*Task item*. With both ends included, repeat exactly the lines of the entries below from the one containing "is_renderable (Ir.rename_table s) to = true" down to the one containing "render_statement-verdict (Ir.savepoint s)", and no others.

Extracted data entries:
┄┄┄┄┄┄
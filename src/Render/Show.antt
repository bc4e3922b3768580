-- ===== src/Render/Show.antt =====
-- The SHOW statements of internal/render/render.go: for PostgreSQL a query of its catalogs.
pub mod Clauses
pub mod Index
pub mod TableStatus
pub mod Columns
pub mod Tables
pub mod Create
pub mod Server
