-- ===== src/Render/Slices/Bounds.antt =====
-- The slices of internal/render/render.go.
use unique_dialect.Base.{ℕ, ◌+◌, ◌≤◌, arith, choose-ind, if-ind, leb, length}
use unique_dialect.Dialect.{Dialect}
use unique_dialect.Outcome.{Outcome, ok, err, panic, ◌>>=◌}
use unique_dialect.Render.Regexp.{offset_limit_match}
use unique_dialect.Render.Slices.{
  placeholder_mark, before_paren, name_unique_at, name_unique, without_constraint,
  move_constraint_name, rewrite_offset_limit_at, rewrite_mysql_offset_limit,
}
use unique_dialect.Syntax.Clauses.Safe.{slice_within, find-fits, index_byte-fits}
use unique_dialect.Syntax.Scan.Keyword.{has_prefix-length, length-to_upper}
use unique_dialect.Syntax.Scan.{find_top_level_keyword}
use unique_dialect.Text.{Text, IsAscii, codes, to_upper, has_prefix, index_byte, slice, trim_space}

-- The call comes back with a value.
abbrev pub IsValue : {A : Type 0} → Outcome A → Type 0
IsValue (ok a) = Unit
IsValue (err e) = ⊥
IsValue panic = ⊥

slice-IsValue :
    {B : Type 0} (s : Text) (lo hi : ℕ) (f : Text → Outcome B)
    → lo ≤ hi
    → hi ≤ length s
    → ((t : Text) → IsValue (f t))
    → IsValue (slice s lo hi >>= f)
slice-IsValue s lo hi f h k rest = rw (slice_within s lo hi h k) (rest _)

before_paren-IsValue : (t : Text) → IsValue (before_paren t)
unfolding before_paren
before_paren-IsValue t =
    choose-ind IsValue (index_byte b'(' t) _ _ tt
      λ i e. rw (slice_within t 0 i (omega arith) (omega (arith, index_byte-fits b'(' t i e))) tt

name_unique_at-IsValue : (t : Text) (i : ℕ) → 7 ≤ i → i ≤ length t → IsValue (name_unique_at t i)
unfolding name_unique_at codes
name_unique_at-IsValue t i h k =
    slice-IsValue t 7 i _ h k λ between. slice-IsValue t i (length t) _ k (omega arith) λ behind. tt

name_unique-IsValue : (t : Text) → IsValue (name_unique t)
unfolding name_unique codes
name_unique-IsValue t = choose-ind IsValue (index_byte b'(' t) _ _ tt λ i e.
    if-ind IsValue (leb i 7) _ _ (λ _. tt)
      λ far.
        let fits = index_byte-fits b'(' t i e in
        name_unique_at-IsValue t i (ground arith) (omega arith)

move_constraint_name-IsValue : (t : Text) → IsValue (move_constraint_name t)
unfolding move_constraint_name without_constraint codes
move_constraint_name-IsValue t =
    if-ind IsValue (has_prefix (to_upper t) (codes "UNIQUE ")) _ _ (λ _. name_unique-IsValue t)
      λ _.
        if-ind IsValue (has_prefix (to_upper t) (codes "CONSTRAINT FOREIGN KEY")) _ _
          (λ h.
            slice-IsValue t 22 (length t) _
              (omega (
                arith,
                has_prefix-length (to_upper t) (codes "CONSTRAINT FOREIGN KEY") h,
                length-to_upper t,
              ))
              (omega arith) λ behind. tt)
          λ _. tt

rewrite_offset_limit_at-IsValue :
    (input : Text) (to : Dialect) (i : ℕ)
    → i + 7 ≤ length input
    → IsValue (rewrite_offset_limit_at input to i)
unfolding rewrite_offset_limit_at codes
rewrite_offset_limit_at-IsValue input to i h =
    slice-IsValue input (i + 7) (length input) _ h (omega arith) λ limit.
      choose-ind IsValue (offset_limit_match (trim_space limit)) _ _ tt
        λ p e. slice-IsValue input 0 i _ (omega arith) (omega arith) λ before. tt

rewrite_mysql_offset_limit-IsValue :
    (input : Text) (to : Dialect) → IsValue (rewrite_mysql_offset_limit input to)
unfolding rewrite_mysql_offset_limit codes
rewrite_mysql_offset_limit-IsValue input to =
    choose-ind IsValue (placeholder_mark to) _ _ tt λ sign _.
      choose-ind IsValue (find_top_level_keyword input (codes " LIMIT ")) _ _ tt λ i e.
        rewrite_offset_limit_at-IsValue input to i (find-fits input (codes " LIMIT ") i (λ z. cc) e)

-- On texts of ASCII characters, each slice of a text in the renderer lies within it: those that move the name of a
-- UNIQUE constraint and take off the word CONSTRAINT, that which takes off the width of an integer
-- type, and those around a LIMIT with an offset. Each of these functions comes back with a value.
pub render_slices-IsValue :
    (t : Text) (to : Dialect)
    → IsAscii t
    → IsValue (before_paren t)
      × IsValue (move_constraint_name t)
      × IsValue (rewrite_mysql_offset_limit t to)
render_slices-IsValue t to ascii = (
  before_paren-IsValue t,
  move_constraint_name-IsValue t,
  rewrite_mysql_offset_limit-IsValue t to,
)
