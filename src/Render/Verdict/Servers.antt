-- ===== src/Render/Verdict/Servers.antt =====
-- Which dialects internal/render/render.go writes the settings of the session and SHOW in.
use unique_dialect.Base.{Bool, true, false, Option, none, some, ◌≡◌, refl, if◌then◌else◌}
use unique_dialect.Dialect.{Dialect, mysql, postgres, sqlite, oracle, other}
use unique_dialect.Ir
use unique_dialect.Outcome.{Outcome, ok, err, panic}
use unique_dialect.Text.{Text, text_eq, codes}
use unique_dialect.Render.Session.{render_set, render_set_transaction}
use unique_dialect.Render.Show.Columns.{render_show_columns}
use unique_dialect.Render.Show.Create.{
  render_show_create_database, render_show_create_table, render_show_create_view,
}
use unique_dialect.Render.Show.Index.{render_show_index}
use unique_dialect.Render.Show.Server.{render_show_databases, render_show_variables}
use unique_dialect.Render.Show.TableStatus.{render_show_table_status}
use unique_dialect.Render.Show.Tables.{render_show_tables}

-- A value, an error, or a panic.
abbrev pub verdict : {A : Type 0} → Outcome A → Option Bool
verdict (ok a) = some true
verdict (err e) = some false
verdict panic = none

abbrev pub is_server : Dialect → Bool
is_server mysql = true
is_server postgres = true
is_server sqlite = false
is_server oracle = false
is_server (other _) = false

verdict-either : (b : Bool) (x y : Text) → verdict (if b then ok x else ok y) ≡ some true
verdict-either true x y = refl
verdict-either false x y = refl

pub verdict-render_set :
    (s : Ir.SetStatement) (to : Dialect) → verdict (render_set s to) ≡ some (is_server to)
unfolding render_set
verdict-render_set s mysql = verdict-either (text_eq s.kind (codes "charset")) _ _
verdict-render_set s postgres = refl
verdict-render_set s sqlite = refl
verdict-render_set s oracle = refl
verdict-render_set s (other d) = refl

pub verdict-render_set_transaction :
    (s : Ir.SetTransactionStatement) (to : Dialect)
    → verdict (render_set_transaction s to) ≡ some (is_server to)
unfolding render_set_transaction
verdict-render_set_transaction s mysql = verdict-either (text_eq s.scope (codes "transaction")) _ _
verdict-render_set_transaction s postgres =
    verdict-either (text_eq s.scope (codes "transaction")) _ _
verdict-render_set_transaction s sqlite = refl
verdict-render_set_transaction s oracle = refl
verdict-render_set_transaction s (other d) = refl

-- What is written for the two servers only, from its verdict for each dialect.
verdict-servers :
    (f : Dialect → Outcome Text)
    → verdict (f mysql) ≡ some true
    → verdict (f postgres) ≡ some true
    → verdict (f sqlite) ≡ some false
    → verdict (f oracle) ≡ some false
    → ((d : Text) → verdict (f (other d)) ≡ some false)
    → (to : Dialect) → verdict (f to) ≡ some (is_server to)
verdict-servers f m p s o h mysql = m
verdict-servers f m p s o h postgres = p
verdict-servers f m p s o h sqlite = s
verdict-servers f m p s o h oracle = o
verdict-servers f m p s o h (other d) = h d

pub verdict-render_show_tables :
    (s : Ir.ShowTablesStatement) (to : Dialect)
    → verdict (render_show_tables s to) ≡ some (is_server to)
unfolding render_show_tables
verdict-render_show_tables s =
    verdict-servers (render_show_tables s) refl refl refl refl (λ d. refl)

pub verdict-render_show_columns :
    (s : Ir.ShowColumnsStatement) (to : Dialect)
    → verdict (render_show_columns s to) ≡ some (is_server to)
unfolding render_show_columns
verdict-render_show_columns s =
    verdict-servers (render_show_columns s) refl refl refl refl (λ d. refl)

pub verdict-render_show_index :
    (s : Ir.ShowIndexStatement) (to : Dialect)
    → verdict (render_show_index s to) ≡ some (is_server to)
unfolding render_show_index
verdict-render_show_index s = verdict-servers (render_show_index s) refl refl refl refl (λ d. refl)

pub verdict-render_show_table_status :
    (s : Ir.ShowTableStatusStatement) (to : Dialect)
    → verdict (render_show_table_status s to) ≡ some (is_server to)
unfolding render_show_table_status
verdict-render_show_table_status s =
    verdict-servers (render_show_table_status s) refl refl refl refl (λ d. refl)

pub verdict-render_show_databases :
    (s : Ir.ShowDatabasesStatement) (to : Dialect)
    → verdict (render_show_databases s to) ≡ some (is_server to)
unfolding render_show_databases
verdict-render_show_databases s =
    verdict-servers (render_show_databases s) refl refl refl refl (λ d. refl)

pub verdict-render_show_create_database :
    (s : Ir.ShowCreateDatabaseStatement) (to : Dialect)
    → verdict (render_show_create_database s to) ≡ some (is_server to)
unfolding render_show_create_database
verdict-render_show_create_database s =
    verdict-servers (render_show_create_database s) refl refl refl refl (λ d. refl)

pub verdict-render_show_create_table :
    (s : Ir.ShowCreateTableStatement) (to : Dialect)
    → verdict (render_show_create_table s to) ≡ some (is_server to)
unfolding render_show_create_table
verdict-render_show_create_table s =
    verdict-servers (render_show_create_table s) refl refl refl refl (λ d. refl)

pub verdict-render_show_create_view :
    (s : Ir.ShowCreateViewStatement) (to : Dialect)
    → verdict (render_show_create_view s to) ≡ some (is_server to)
unfolding render_show_create_view
verdict-render_show_create_view s =
    verdict-servers (render_show_create_view s) refl refl refl refl (λ d. refl)

pub verdict-render_show_variables :
    (s : Ir.ShowVariablesStatement) (to : Dialect)
    → verdict (render_show_variables s to) ≡ some (is_server to)
unfolding render_show_variables
verdict-render_show_variables s =
    verdict-servers (render_show_variables s) refl refl refl refl (λ d. refl)
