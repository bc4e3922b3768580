-- ===== src/Render/Verdict.antt =====
-- Which statements Statement of internal/render/render.go can write in which dialect.
pub mod Servers
use unique_dialect.Base.{
  ℕ, Bool, true, false, ◌&&◌, List, [], ◌∷◌, Option, none, some, ◌≡◌, refl, ◌∙◌,
}
use unique_dialect.Dialect.{Dialect}
use unique_dialect.Ir
use unique_dialect.Outcome.{Outcome, ok, err, panic, ◌>>=◌, Returns}
use unique_dialect.Render.{keeping, render_statement, render_batch, render}
use unique_dialect.Text.{Text}
use unique_dialect.Render.Verdict.Servers.{
  verdict, is_server, verdict-render_set, verdict-render_set_transaction,
  verdict-render_show_tables, verdict-render_show_columns, verdict-render_show_index,
  verdict-render_show_table_status, verdict-render_show_databases,
  verdict-render_show_create_database, verdict-render_show_create_table,
  verdict-render_show_create_view, verdict-render_show_variables,
}
use unique_dialect.Render.Session.{render_set, render_set_transaction}
use unique_dialect.Render.Show.Columns.{render_show_columns}
use unique_dialect.Render.Show.Create.{
  render_show_create_database, render_show_create_table, render_show_create_view,
}
use unique_dialect.Render.Show.Index.{render_show_index}
use unique_dialect.Render.Show.Server.{render_show_databases, render_show_variables}
use unique_dialect.Render.Show.TableStatus.{render_show_table_status}
use unique_dialect.Render.Show.Tables.{render_show_tables}

-- Settings of the session and SHOW are written for the two servers only, and no batch in a batch.
abbrev pub is_renderable : Ir.Statement → Dialect → Bool
is_renderable (Ir.raw s) to = true
is_renderable (Ir.select s) to = true
is_renderable (Ir.insert s) to = true
is_renderable (Ir.update s) to = true
is_renderable (Ir.delete s) to = true
is_renderable (Ir.savepoint s) to = true
is_renderable (Ir.release_savepoint s) to = true
is_renderable (Ir.rollback_to_savepoint s) to = true
is_renderable (Ir.use_database s) to = true
is_renderable (Ir.create_table s) to = true
is_renderable (Ir.alter_table s) to = true
is_renderable (Ir.drop_index s) to = true
is_renderable (Ir.create_index s) to = true
is_renderable (Ir.rename_table s) to = true
is_renderable (Ir.set s) to = is_server to
is_renderable (Ir.set_transaction s) to = is_server to
is_renderable (Ir.show_tables s) to = is_server to
is_renderable (Ir.show_columns s) to = is_server to
is_renderable (Ir.show_index s) to = is_server to
is_renderable (Ir.show_table_status s) to = is_server to
is_renderable (Ir.show_databases s) to = is_server to
is_renderable (Ir.show_create_database s) to = is_server to
is_renderable (Ir.show_create_table s) to = is_server to
is_renderable (Ir.show_create_view s) to = is_server to
is_renderable (Ir.show_variables s) to = is_server to
is_renderable Ir.nested_batch to = false

verdict-keeping : (o : Outcome Text) (n : ℕ) → verdict (keeping o n) ≡ verdict o
verdict-keeping (ok t) n = refl
verdict-keeping (err e) n = refl
verdict-keeping panic n = refl

render_statement-verdict :
    (s : Ir.Statement) (from to : Dialect) (n : ℕ)
    → verdict (render_statement s from to n) ≡ some (is_renderable s to)
unfolding render_statement
render_statement-verdict (Ir.raw s) from to n = refl
render_statement-verdict (Ir.select s) from to n = refl
render_statement-verdict (Ir.insert s) from to n = refl
render_statement-verdict (Ir.update s) from to n = refl
render_statement-verdict (Ir.delete s) from to n = refl
render_statement-verdict (Ir.savepoint s) from to n = refl
render_statement-verdict (Ir.release_savepoint s) from to n = refl
render_statement-verdict (Ir.rollback_to_savepoint s) from to n = refl
render_statement-verdict (Ir.use_database s) from to n = refl
render_statement-verdict (Ir.create_table s) from to n = refl
render_statement-verdict (Ir.alter_table s) from to n = refl
render_statement-verdict (Ir.drop_index s) from to n = refl
render_statement-verdict (Ir.create_index s) from to n = refl
render_statement-verdict (Ir.rename_table s) from to n = refl
render_statement-verdict (Ir.set s) from to n =
    verdict-keeping (render_set s to) n ∙ verdict-render_set s to
render_statement-verdict (Ir.set_transaction s) from to n =
    verdict-keeping (render_set_transaction s to) n ∙ verdict-render_set_transaction s to
render_statement-verdict (Ir.show_tables s) from to n =
    verdict-keeping (render_show_tables s to) n ∙ verdict-render_show_tables s to
render_statement-verdict (Ir.show_columns s) from to n =
    verdict-keeping (render_show_columns s to) n ∙ verdict-render_show_columns s to
render_statement-verdict (Ir.show_index s) from to n =
    verdict-keeping (render_show_index s to) n ∙ verdict-render_show_index s to
render_statement-verdict (Ir.show_table_status s) from to n =
    verdict-keeping (render_show_table_status s to) n ∙ verdict-render_show_table_status s to
render_statement-verdict (Ir.show_databases s) from to n =
    verdict-keeping (render_show_databases s to) n ∙ verdict-render_show_databases s to
render_statement-verdict (Ir.show_create_database s) from to n =
    verdict-keeping (render_show_create_database s to) n ∙ verdict-render_show_create_database s to
render_statement-verdict (Ir.show_create_table s) from to n =
    verdict-keeping (render_show_create_table s to) n ∙ verdict-render_show_create_table s to
render_statement-verdict (Ir.show_create_view s) from to n =
    verdict-keeping (render_show_create_view s to) n ∙ verdict-render_show_create_view s to
render_statement-verdict (Ir.show_variables s) from to n =
    verdict-keeping (render_show_variables s to) n ∙ verdict-render_show_variables s to
render_statement-verdict Ir.nested_batch from to n = refl

abbrev pub all_renderable : List Ir.Statement → Dialect → Bool
all_renderable [] to = true
all_renderable (s ∷ ss) to = is_renderable s to && all_renderable ss to

verdict-bind :
    {A B : Type 0} (m : Outcome A) (f : A → Outcome B) (a b : Bool)
    → verdict m ≡ some a
    → ((x : A) → verdict (f x) ≡ some b)
    → verdict (m >>= f) ≡ some (a && b)
verdict-bind (ok x) f true b e h = h x
verdict-bind (ok x) f false b e h = cc
verdict-bind (err e') f true b e h = cc
verdict-bind (err e') f false b e h = refl
verdict-bind panic f a b e h = cc

verdict-map : {A B : Type 0} (m : Outcome A) (f : A → B) → verdict (m >>= λ x. ok (f x)) ≡ verdict m
verdict-map (ok x) f = refl
verdict-map (err e) f = refl
verdict-map panic f = refl

render_batch-verdict :
    (ss : List Ir.Statement) (from to : Dialect) (n : ℕ)
    → verdict (render_batch ss from to n) ≡ some (all_renderable ss to)
unfolding render_batch
render_batch-verdict [] from to n = refl
render_batch-verdict (s ∷ ss) from to n =
    verdict-bind (render_statement s from to n) _ (is_renderable s to) (all_renderable ss to)
      (render_statement-verdict s from to n)
      λ x. verdict-map (render_batch ss from to x.1) _ ∙ render_batch-verdict ss from to x.1

abbrev pub is_writable : Ir.Rendered → Dialect → Bool
is_writable (Ir.batch ss) to = all_renderable ss to
is_writable (Ir.single s) to = is_renderable s to

-- Statement never panics: it writes a batch if it can write each of its statements, and otherwise returns an error; of the
-- statements, settings of the session and SHOW can be written for MySQL and PostgreSQL only, a batch within a batch for no dialect, and all
-- others for every dialect.
render-verdict :
    (r : Ir.Rendered) (from to : Dialect) → verdict (render r from to) ≡ some (is_writable r to)
unfolding render
render-verdict (Ir.batch ss) from to =
    verdict-map (render_batch ss from to 0) _ ∙ render_batch-verdict ss from to 0
render-verdict (Ir.single s) from to =
    verdict-map (render_statement s from to 0) _ ∙ render_statement-verdict s from to 0

verdict-Returns : {A : Type 0} (o : Outcome A) (b : Bool) → verdict o ≡ some b → Returns o
verdict-Returns (ok a) b e = tt
verdict-Returns (err x) b e = tt
verdict-Returns panic b e = cc

pub render-Returns : (r : Ir.Rendered) (from to : Dialect) → Returns (render r from to)
render-Returns r from to =
    verdict-Returns (render r from to) (is_writable r to) (render-verdict r from to)
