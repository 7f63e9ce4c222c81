-- ===== src/Dhcp/Routes.antt =====
-- DHCP option 121 as a client reads it (RFC 3442), against what pkg/plumbing/dhcp.go writes.
use mathlib.Core.List.{append_assoc}
use kube_ovn_dra_driver.Prelude.{
  ℕ, zero, suc, ◌+◌, ◌-◌, ◌/◌, ◌%◌, ◌≤◌, ◌<◌, String, Option, none, some, List, [], ◌∷◌, ◌++◌, ◌≡◌,
  ◌≢◌, refl, ◌⊎◌, inl, inr, arith, ok, err, wrapping, >>=-eq-ok, wrapping-eq-ok, ok-injective, take,
  true, false, if◌then◌else◌, length, sym, ◌∙◌, ltb, Bool-cases,
}
use kube_ovn_dra_driver.Store.{Route}
use kube_ovn_dra_driver.Attach.Routes.{
  Ip, v4, v6, is_v4, IpNet, NetParsers, parse, parse_is_safe, GatewayFits,
}
use kube_ovn_dra_driver.Dhcp.{route_bytes, classless_static_routes}

-- A route as a client takes it: the width, the four bytes of the network, the gateway.
abbrev pub ClientRoute : Type 0
ClientRoute = ℕ × Ip × Ip

gateway_of : ℕ → Ip → List ℕ → Option (ClientRoute × List ℕ)
gateway_of w ip (p ∷ q ∷ r ∷ s ∷ rest) = some ((w, ip, v4 p q r s), rest)
gateway_of w ip _ = none

-- The significant octets of the network, as many as the width takes; the others are zero.
octets : ℕ → ℕ → List ℕ → Option (ClientRoute × List ℕ)
octets zero w rest = gateway_of w (v4 0 0 0 0) rest
octets (suc zero) w (a ∷ rest) = gateway_of w (v4 a 0 0 0) rest
octets (suc (suc zero)) w (a ∷ b ∷ rest) = gateway_of w (v4 a b 0 0) rest
octets (suc (suc (suc zero))) w (a ∷ b ∷ c ∷ rest) = gateway_of w (v4 a b c 0) rest
octets (suc (suc (suc (suc zero)))) w (a ∷ b ∷ c ∷ d ∷ rest) = gateway_of w (v4 a b c d) rest
octets _ w rest = none

-- One destination descriptor: ⌈width / 8⌉ octets behind the width.
pub read_route : List ℕ → Option (ClientRoute × List ℕ)
read_route [] = none
read_route (w ∷ rest) = octets ((w + 7) / 8) w rest

-- Every descriptor of the option, with fuel for one byte each.
pub read_routes : ℕ → List ℕ → Option (List ClientRoute)
read_routes zero bytes = none
read_routes (suc fuel) [] = some []
read_routes (suc fuel) (b ∷ bytes) = elim (read_route (b ∷ bytes)) [
  | none ↦ none
  | some (r, rest) ↦ elim (read_routes fuel rest) [ none ↦ none | some rs ↦ some (r ∷ rs) ]
]

-- The bytes of an IPv4 network beyond its mask are zero.
abbrev pub IsMasked : IpNet → Type 0
IsMasked n = elim n.ip [
  | v6 bs ↦ Unit {0}
  | v4 a b c d ↦ (n.ones ≤ 8 → b ≡ 0) × (n.ones ≤ 16 → c ≡ 0) × (n.ones ≤ 24 → d ≡ 0)
]

abbrev pub gateway_or_zero : Option Ip → Ip
gateway_or_zero none = v4 0 0 0 0
gateway_or_zero (some ip) = ip

width_cases :
    (w : ℕ)
    → 0 < w
    → w ≤ 32
    → ((w ≤ 8) × ((w - 1) / 8 ≡ 0) × ((w + 7) / 8 ≡ 1))
      ⊎ (((w ≤ 16) × ((w - 1) / 8 ≡ 1) × ((w + 7) / 8 ≡ 2))
          ⊎ (((w ≤ 24) × ((w - 1) / 8 ≡ 2) × ((w + 7) / 8 ≡ 3))
              ⊎ (((w - 1) / 8 ≡ 3) × ((w + 7) / 8 ≡ 4))))
width_cases w p q = ground arith

gateway_bytes : Option Ip → List ℕ
gateway_bytes none = 0 ∷ 0 ∷ 0 ∷ 0 ∷ []
gateway_bytes (some (v4 p q r s)) = p ∷ q ∷ r ∷ s ∷ []
gateway_bytes (some (v6 bs)) = 0 ∷ 0 ∷ 0 ∷ 0 ∷ []

gateway_of-bytes :
    (w : ℕ) (n : IpNet) (gw : Option Ip) (rest : List ℕ)
    → is_v4 n.ip ≡ true
    → GatewayFits n gw
    → gateway_of w n.ip (gateway_bytes gw ++ rest) ≡ some ((w, n.ip, gateway_or_zero gw), rest)
unfolding gateway_of gateway_bytes
gateway_of-bytes w n none rest v f = refl
gateway_of-bytes w n (some (v4 p q r s)) rest v f = refl
gateway_of-bytes w n (some (v6 bs)) rest v f = ground arith

read-octets :
    (a b c d w : ℕ) (tail : List ℕ)
    → 0 < w
    → w ≤ 32
    → IsMasked (record { ip = v4 a b c d; ones = w })
    → octets ((w + 7) / 8) w (take ((w - 1) / 8 + 1) (a ∷ b ∷ c ∷ d ∷ []) ++ tail)
      ≡ gateway_of w (v4 a b c d) tail
unfolding octets
read-octets a b c d w tail p small m = elim (width_cases w p small) [
  | inl (le, e, e') ↦ rw (e, e', m.0 le, m.1 (omega arith), m.2 (omega arith))
  | inr (inl (le, e, e')) ↦ rw (e, e', m.1 le, m.2 (omega arith))
  | inr (inr (inl (le, e, e'))) ↦ rw (e, e', m.2 le)
  | inr (inr (inr (e, e'))) ↦ rw (e, e')
]

route_bytes_lem :
    (a b c d w : ℕ) (gw : Option Ip)
    → w ≤ 32
    → route_bytes (record { ip = v4 a b c d; ones = w }) gw
      ≡ ok (w ∷ (take ((w - 1) / 8 + 1) (a ∷ b ∷ c ∷ d ∷ []) ++ gateway_bytes gw))
unfolding route_bytes gateway_bytes
route_bytes_lem a b c d w gw h =
    let e : w % 256 ≡ w = omega arith in
    let f : ltb 4 ((w - 1) / 8 + 1) ≡ false = ground arith in
    elim gw [
      | none ↦ rw (e, f, route_bytes) refl
      | some ip ↦ elim ip [
        | v4 p q r s ↦ rw (e, f, route_bytes) refl
        | v6 bs ↦ rw (e, f, route_bytes) refl
      ]
    ]

-- The code gets past the slice only where the mask has at most 32 bits.
route_bytes-small :
    (a b c d w : ℕ) (gw : Option Ip) (here : List ℕ)
    → route_bytes (record { ip = v4 a b c d; ones = w }) gw ≡ ok here
    → w ≤ 32
unfolding route_bytes
route_bytes-small a b c d w gw here h = elim (Bool-cases (ltb 4 ((w - 1) / 8 + 1))) [
  | inl t ↦ let x = rw t at h in cc x
  | inr f ↦ ground (arith, f)
]

client_route : IpNet → Option Ip → List ClientRoute
client_route n gw = if is_v4 n.ip then (n.ones, n.ip, gateway_or_zero gw) ∷ [] else []

read_routes-route_bytes :
    (ip : Ip) (w : ℕ) (gw : Option Ip) (here bytes : List ℕ) (rs : List ClientRoute) (fuel : ℕ)
    → let n : IpNet = record { ip = ip; ones = w } in
      w ≢ 0
      → IsMasked n
      → GatewayFits n gw
      → route_bytes n gw ≡ ok here
      → ((f : ℕ) → fuel ≤ f → read_routes f bytes ≡ some rs)
      → read_routes (suc fuel) (here ++ bytes) ≡ some (client_route n gw ++ rs)
unfolding read_routes client_route
read_routes-route_bytes (v6 bs) w gw here bytes rs fuel nz m f made ih =
    unfold route_bytes in rw (← ok-injective made) (ih (suc fuel) (omega arith))
read_routes-route_bytes (v4 a b c d) w gw here bytes rs fuel nz m f made ih =
    let small = route_bytes-small a b c d w gw here made in
    let is = ok-injective (sym made ∙ route_bytes_lem a b c d w gw small) in
    rw (is, read_routes)
      (unfold read_route in
        simp (
          append_assoc,
          read-octets a b c d w (gateway_bytes gw ++ bytes) (omega arith) small m,
          gateway_of-bytes w (record { ip = v4 a b c d; ones = w }) gw bytes refl f,
          ih fuel (omega arith),
        ))

-- What a client should get: the IPv4 routes that parse, with their gateways.
pub client_routes : NetParsers → List Route → String → List ClientRoute
client_routes net [] gateway = []
client_routes net (r ∷ rs) gateway = elim (parse net r gateway) [
  | err e ↦ client_routes net rs gateway
  | ok (n, gw) ↦ client_route n gw ++ client_routes net rs gateway
]

-- Option 121 round trip: where net.ParseCIDR clears the bytes beyond the mask and the option is made
-- without an error or a panic, a client with more fuel than there are routes that reads the option as
-- RFC 3442 says gets exactly the IPv4 routes of the NIC, in order, each with its width, network and
-- gateway (0.0.0.0 for an on-link route).
pub classless_static_routes_round_trip :
    (net : NetParsers) (rs : List Route) (gateway : String) (bytes : List ℕ) (fuel : ℕ)
    → ((s : String) (n : IpNet) → net.parse_cidr s ≡ some n → IsMasked n)
    → classless_static_routes net rs gateway ≡ ok bytes
    → length rs < fuel
    → read_routes fuel bytes ≡ some (client_routes net rs gateway)
unfolding classless_static_routes client_routes read_routes
classless_static_routes_round_trip net rs gateway bytes zero masked e h = absurd (omega arith)
classless_static_routes_round_trip net [] gateway bytes (suc fuel) masked e h =
    rw (← ok-injective e) refl
classless_static_routes_round_trip net (r ∷ rs) gateway bytes (suc fuel) masked e h =
    let ((n, gw), parsed, e₁) = >>=-eq-ok (wrapping _ [] (parse net r gateway)) _ e in
    let (here, made, e₃) = >>=-eq-ok (route_bytes n gw) _ e₁ in
    let (rest, more, e₂) = >>=-eq-ok (classless_static_routes net rs gateway) _ e₃ in
    let p : parse net r gateway ≡ ok (n, gw) = wrapping-eq-ok _ [] (parse net r gateway) parsed in
    let safe = parse_is_safe net r gateway n gw p in
    rw (p, client_routes, ← ok-injective e₂)
      (read_routes-route_bytes n.ip n.ones gw here rest _ fuel safe.0
        (masked r.destination n safe.1) safe.2 made
        (λ f le.
          classless_static_routes_round_trip net rs gateway rest f masked more (omega arith)))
┄┄┄┄┄┄
*Task solution*.
is_renderable (Ir.rename_table s) to = true
is_renderable (Ir.set s) to = is_server to
is_renderable (Ir.set_transaction s) to = is_server to
is_renderable (Ir.show_tables s) to = is_server to
is_renderable (Ir.show_columns s) to = is_server to
is_renderable (Ir.show_index s) to = is_server to
is_renderable (Ir.show_table_status s) to = is_server to
is_renderable (Ir.show_databases s) to = is_server to
is_renderable (Ir.show_create_database s) to = is_server to
is_renderable (Ir.show_create_table s) to = is_server to
is_renderable (Ir.show_create_view s) to = is_server to
is_renderable (Ir.show_variables s) to = is_server to
is_renderable Ir.nested_batch to = false

verdict-keeping : (o : Outcome Text) (n : ℕ) → verdict (keeping o n) ≡ verdict o
verdict-keeping (ok t) n = refl
verdict-keeping (err e) n = refl
verdict-keeping panic n = refl

render_statement-verdict :
    (s : Ir.Statement) (from to : Dialect) (n : ℕ)
    → verdict (render_statement s from to n) ≡ some (is_renderable s to)
unfolding render_statement
render_statement-verdict (Ir.raw s) from to n = refl
render_statement-verdict (Ir.select s) from to n = refl
render_statement-verdict (Ir.insert s) from to n = refl
render_statement-verdict (Ir.update s) from to n = refl
render_statement-verdict (Ir.delete s) from to n = refl
render_statement-verdict (Ir.savepoint s) from to n = refl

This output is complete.